AIM OF THE EXERCISE
Among the entries below, find all lines that include "other" and copy them.

INFORMATION GIVEN

━━━

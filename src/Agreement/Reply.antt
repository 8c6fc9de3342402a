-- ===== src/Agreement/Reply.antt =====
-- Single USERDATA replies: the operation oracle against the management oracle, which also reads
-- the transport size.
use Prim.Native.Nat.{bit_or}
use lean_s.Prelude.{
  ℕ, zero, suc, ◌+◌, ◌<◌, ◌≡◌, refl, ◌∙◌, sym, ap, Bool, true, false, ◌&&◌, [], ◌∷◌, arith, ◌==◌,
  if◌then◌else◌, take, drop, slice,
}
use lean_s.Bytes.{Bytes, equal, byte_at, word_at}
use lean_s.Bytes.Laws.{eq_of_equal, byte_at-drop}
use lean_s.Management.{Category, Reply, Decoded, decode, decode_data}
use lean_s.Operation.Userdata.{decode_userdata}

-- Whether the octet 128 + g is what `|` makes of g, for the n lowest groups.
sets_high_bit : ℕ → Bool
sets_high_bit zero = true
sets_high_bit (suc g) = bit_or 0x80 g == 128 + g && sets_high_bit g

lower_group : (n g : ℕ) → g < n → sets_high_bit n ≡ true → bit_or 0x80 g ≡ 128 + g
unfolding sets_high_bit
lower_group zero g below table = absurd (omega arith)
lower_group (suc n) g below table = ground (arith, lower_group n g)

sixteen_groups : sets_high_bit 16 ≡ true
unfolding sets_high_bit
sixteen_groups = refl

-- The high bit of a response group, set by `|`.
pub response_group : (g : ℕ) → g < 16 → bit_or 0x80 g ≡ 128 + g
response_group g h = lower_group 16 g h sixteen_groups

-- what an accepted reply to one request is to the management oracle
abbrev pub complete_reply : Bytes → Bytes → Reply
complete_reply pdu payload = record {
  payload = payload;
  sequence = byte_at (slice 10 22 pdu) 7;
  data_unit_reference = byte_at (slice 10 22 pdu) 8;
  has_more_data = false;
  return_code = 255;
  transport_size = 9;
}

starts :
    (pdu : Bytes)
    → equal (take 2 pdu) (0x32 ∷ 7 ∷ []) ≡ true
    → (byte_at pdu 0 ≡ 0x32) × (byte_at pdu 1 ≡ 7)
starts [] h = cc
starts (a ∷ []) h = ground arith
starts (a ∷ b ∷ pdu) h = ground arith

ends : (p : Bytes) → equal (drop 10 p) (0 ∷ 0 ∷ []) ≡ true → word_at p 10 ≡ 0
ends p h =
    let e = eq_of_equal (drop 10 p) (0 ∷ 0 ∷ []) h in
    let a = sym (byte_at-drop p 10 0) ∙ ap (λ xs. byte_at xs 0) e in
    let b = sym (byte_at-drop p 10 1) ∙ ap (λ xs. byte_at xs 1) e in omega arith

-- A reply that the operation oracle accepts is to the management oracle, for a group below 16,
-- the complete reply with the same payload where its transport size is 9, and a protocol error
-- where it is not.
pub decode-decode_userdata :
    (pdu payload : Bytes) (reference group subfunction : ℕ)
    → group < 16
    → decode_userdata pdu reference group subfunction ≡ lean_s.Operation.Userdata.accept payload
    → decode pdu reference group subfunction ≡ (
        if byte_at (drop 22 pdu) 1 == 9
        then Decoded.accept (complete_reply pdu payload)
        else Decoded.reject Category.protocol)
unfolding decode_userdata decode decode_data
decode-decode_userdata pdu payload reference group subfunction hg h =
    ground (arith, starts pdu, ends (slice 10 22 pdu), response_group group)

━━━

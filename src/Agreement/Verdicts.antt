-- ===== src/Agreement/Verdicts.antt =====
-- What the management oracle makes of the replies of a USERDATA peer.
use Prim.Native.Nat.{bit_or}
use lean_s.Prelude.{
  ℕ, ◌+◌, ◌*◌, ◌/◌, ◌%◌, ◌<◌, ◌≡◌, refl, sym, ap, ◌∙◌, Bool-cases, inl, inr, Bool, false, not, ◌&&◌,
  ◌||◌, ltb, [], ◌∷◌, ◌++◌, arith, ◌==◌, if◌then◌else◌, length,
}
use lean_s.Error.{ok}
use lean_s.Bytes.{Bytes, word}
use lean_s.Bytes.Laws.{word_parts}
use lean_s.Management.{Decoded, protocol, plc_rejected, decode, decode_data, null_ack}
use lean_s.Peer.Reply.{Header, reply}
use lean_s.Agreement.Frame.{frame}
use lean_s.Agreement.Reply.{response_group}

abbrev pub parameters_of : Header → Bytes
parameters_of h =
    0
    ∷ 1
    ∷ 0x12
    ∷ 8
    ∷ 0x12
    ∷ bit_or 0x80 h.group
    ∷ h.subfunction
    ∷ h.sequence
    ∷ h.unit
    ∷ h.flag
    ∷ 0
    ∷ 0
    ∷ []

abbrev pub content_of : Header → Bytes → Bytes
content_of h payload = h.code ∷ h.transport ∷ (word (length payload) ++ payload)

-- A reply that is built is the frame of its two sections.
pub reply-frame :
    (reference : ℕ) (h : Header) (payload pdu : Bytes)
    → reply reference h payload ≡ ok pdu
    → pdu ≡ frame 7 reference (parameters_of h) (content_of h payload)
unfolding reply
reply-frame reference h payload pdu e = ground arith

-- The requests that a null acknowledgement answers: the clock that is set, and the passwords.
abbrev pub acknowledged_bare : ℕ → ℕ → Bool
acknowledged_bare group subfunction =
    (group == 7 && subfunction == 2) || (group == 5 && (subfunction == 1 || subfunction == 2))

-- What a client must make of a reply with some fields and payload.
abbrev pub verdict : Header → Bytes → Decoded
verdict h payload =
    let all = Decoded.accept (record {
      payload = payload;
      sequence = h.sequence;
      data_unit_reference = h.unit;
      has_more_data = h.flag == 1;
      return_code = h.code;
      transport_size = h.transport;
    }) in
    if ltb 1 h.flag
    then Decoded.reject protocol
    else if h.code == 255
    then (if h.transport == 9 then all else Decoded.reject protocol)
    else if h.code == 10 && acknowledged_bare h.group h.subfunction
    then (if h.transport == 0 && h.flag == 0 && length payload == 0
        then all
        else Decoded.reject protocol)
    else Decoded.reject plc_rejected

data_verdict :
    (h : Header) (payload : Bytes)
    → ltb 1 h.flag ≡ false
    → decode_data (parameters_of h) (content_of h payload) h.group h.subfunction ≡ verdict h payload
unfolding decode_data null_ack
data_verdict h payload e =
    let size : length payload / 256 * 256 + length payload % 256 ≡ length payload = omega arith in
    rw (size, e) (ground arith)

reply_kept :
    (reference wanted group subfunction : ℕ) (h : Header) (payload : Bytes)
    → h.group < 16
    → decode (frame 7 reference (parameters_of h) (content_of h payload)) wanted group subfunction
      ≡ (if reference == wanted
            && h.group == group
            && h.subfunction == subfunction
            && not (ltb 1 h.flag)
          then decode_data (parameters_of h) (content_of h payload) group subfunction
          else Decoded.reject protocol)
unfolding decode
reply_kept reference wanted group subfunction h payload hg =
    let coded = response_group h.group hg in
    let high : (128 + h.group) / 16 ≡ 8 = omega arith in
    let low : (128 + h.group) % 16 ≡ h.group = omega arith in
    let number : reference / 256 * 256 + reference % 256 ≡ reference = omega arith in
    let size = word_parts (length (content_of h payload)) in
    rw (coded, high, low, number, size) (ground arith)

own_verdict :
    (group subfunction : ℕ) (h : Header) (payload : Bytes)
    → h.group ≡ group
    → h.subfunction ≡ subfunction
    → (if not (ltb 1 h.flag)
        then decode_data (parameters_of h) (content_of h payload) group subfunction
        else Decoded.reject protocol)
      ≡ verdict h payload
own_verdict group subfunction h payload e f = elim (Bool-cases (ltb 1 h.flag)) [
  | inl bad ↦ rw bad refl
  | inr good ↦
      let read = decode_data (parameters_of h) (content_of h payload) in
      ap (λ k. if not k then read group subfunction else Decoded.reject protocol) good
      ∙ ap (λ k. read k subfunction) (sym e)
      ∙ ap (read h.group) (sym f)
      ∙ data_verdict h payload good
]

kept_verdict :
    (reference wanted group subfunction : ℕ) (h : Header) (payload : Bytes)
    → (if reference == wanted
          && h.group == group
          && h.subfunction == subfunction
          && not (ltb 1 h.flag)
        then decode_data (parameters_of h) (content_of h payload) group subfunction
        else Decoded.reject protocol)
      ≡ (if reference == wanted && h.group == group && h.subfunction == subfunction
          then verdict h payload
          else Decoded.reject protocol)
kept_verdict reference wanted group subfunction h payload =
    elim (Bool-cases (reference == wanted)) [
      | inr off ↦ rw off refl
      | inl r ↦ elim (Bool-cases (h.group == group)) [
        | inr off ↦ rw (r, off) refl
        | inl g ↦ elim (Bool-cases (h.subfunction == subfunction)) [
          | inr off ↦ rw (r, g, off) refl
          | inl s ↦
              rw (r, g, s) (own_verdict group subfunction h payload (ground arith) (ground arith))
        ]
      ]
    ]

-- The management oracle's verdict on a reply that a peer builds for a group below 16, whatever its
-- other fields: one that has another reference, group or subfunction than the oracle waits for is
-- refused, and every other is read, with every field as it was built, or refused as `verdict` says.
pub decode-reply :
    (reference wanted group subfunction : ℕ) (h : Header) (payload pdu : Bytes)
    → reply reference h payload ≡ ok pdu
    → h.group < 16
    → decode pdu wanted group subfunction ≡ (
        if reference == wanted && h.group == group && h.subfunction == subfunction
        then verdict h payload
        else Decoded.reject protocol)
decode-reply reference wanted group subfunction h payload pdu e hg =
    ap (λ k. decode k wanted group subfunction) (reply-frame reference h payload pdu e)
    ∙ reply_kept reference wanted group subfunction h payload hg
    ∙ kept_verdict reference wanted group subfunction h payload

━━━

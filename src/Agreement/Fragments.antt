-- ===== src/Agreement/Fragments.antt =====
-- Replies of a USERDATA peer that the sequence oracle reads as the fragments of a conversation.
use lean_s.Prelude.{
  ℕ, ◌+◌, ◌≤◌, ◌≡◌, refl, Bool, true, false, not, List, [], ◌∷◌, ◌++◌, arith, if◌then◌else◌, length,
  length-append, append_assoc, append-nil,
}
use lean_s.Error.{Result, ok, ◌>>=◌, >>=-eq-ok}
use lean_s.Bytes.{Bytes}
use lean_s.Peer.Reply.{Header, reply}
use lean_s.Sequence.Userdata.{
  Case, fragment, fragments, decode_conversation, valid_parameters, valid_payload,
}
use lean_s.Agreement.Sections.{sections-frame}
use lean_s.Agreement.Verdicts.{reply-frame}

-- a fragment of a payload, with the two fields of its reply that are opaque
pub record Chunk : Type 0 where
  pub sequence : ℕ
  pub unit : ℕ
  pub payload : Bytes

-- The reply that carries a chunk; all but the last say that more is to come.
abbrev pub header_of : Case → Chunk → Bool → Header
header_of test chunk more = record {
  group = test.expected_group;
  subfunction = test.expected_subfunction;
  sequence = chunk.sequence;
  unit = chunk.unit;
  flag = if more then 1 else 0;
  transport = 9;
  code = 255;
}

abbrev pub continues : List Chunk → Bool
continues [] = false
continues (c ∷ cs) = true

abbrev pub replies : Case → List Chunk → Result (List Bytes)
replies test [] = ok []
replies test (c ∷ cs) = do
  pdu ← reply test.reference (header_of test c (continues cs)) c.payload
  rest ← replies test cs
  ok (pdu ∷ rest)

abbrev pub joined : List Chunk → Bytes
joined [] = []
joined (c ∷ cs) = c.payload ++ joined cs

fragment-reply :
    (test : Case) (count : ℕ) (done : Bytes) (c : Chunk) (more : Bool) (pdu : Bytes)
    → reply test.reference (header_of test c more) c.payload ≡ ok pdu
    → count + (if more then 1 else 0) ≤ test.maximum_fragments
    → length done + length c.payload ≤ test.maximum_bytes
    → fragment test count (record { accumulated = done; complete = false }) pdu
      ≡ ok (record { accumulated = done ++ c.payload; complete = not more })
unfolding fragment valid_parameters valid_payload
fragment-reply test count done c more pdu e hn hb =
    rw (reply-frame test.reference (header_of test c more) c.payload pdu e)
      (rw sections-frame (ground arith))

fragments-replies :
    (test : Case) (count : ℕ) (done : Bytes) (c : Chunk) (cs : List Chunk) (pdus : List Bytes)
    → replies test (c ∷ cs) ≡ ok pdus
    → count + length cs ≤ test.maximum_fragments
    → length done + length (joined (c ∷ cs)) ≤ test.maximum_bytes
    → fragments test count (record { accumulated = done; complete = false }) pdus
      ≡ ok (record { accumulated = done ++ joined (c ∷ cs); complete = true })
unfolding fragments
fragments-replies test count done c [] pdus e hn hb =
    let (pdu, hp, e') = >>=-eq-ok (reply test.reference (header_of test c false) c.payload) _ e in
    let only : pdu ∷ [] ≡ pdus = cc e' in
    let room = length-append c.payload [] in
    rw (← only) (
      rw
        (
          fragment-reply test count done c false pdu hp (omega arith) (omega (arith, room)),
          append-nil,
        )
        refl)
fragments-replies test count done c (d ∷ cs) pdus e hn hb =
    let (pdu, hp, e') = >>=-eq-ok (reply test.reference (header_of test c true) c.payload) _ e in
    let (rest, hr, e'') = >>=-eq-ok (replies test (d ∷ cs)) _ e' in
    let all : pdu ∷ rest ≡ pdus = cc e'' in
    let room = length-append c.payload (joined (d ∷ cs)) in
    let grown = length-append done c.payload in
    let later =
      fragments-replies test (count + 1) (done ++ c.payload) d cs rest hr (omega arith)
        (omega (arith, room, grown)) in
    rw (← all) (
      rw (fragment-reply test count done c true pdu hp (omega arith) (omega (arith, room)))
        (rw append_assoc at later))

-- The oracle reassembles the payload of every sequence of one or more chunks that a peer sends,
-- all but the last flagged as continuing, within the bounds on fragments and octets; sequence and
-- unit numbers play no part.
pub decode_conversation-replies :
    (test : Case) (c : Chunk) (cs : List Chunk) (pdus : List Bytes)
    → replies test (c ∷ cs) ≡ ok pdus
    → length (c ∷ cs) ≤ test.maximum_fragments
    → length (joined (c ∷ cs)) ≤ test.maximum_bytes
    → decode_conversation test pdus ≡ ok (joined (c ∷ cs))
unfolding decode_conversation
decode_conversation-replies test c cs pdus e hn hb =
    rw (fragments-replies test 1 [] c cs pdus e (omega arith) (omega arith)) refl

━━━

SOLUTION FOR THIS PROBLEM
-- other fields: one that has another reference, group or subfunction than the oracle waits for is
-- refused, and every other is read, with every field as it was built, or refused as `verdict` says.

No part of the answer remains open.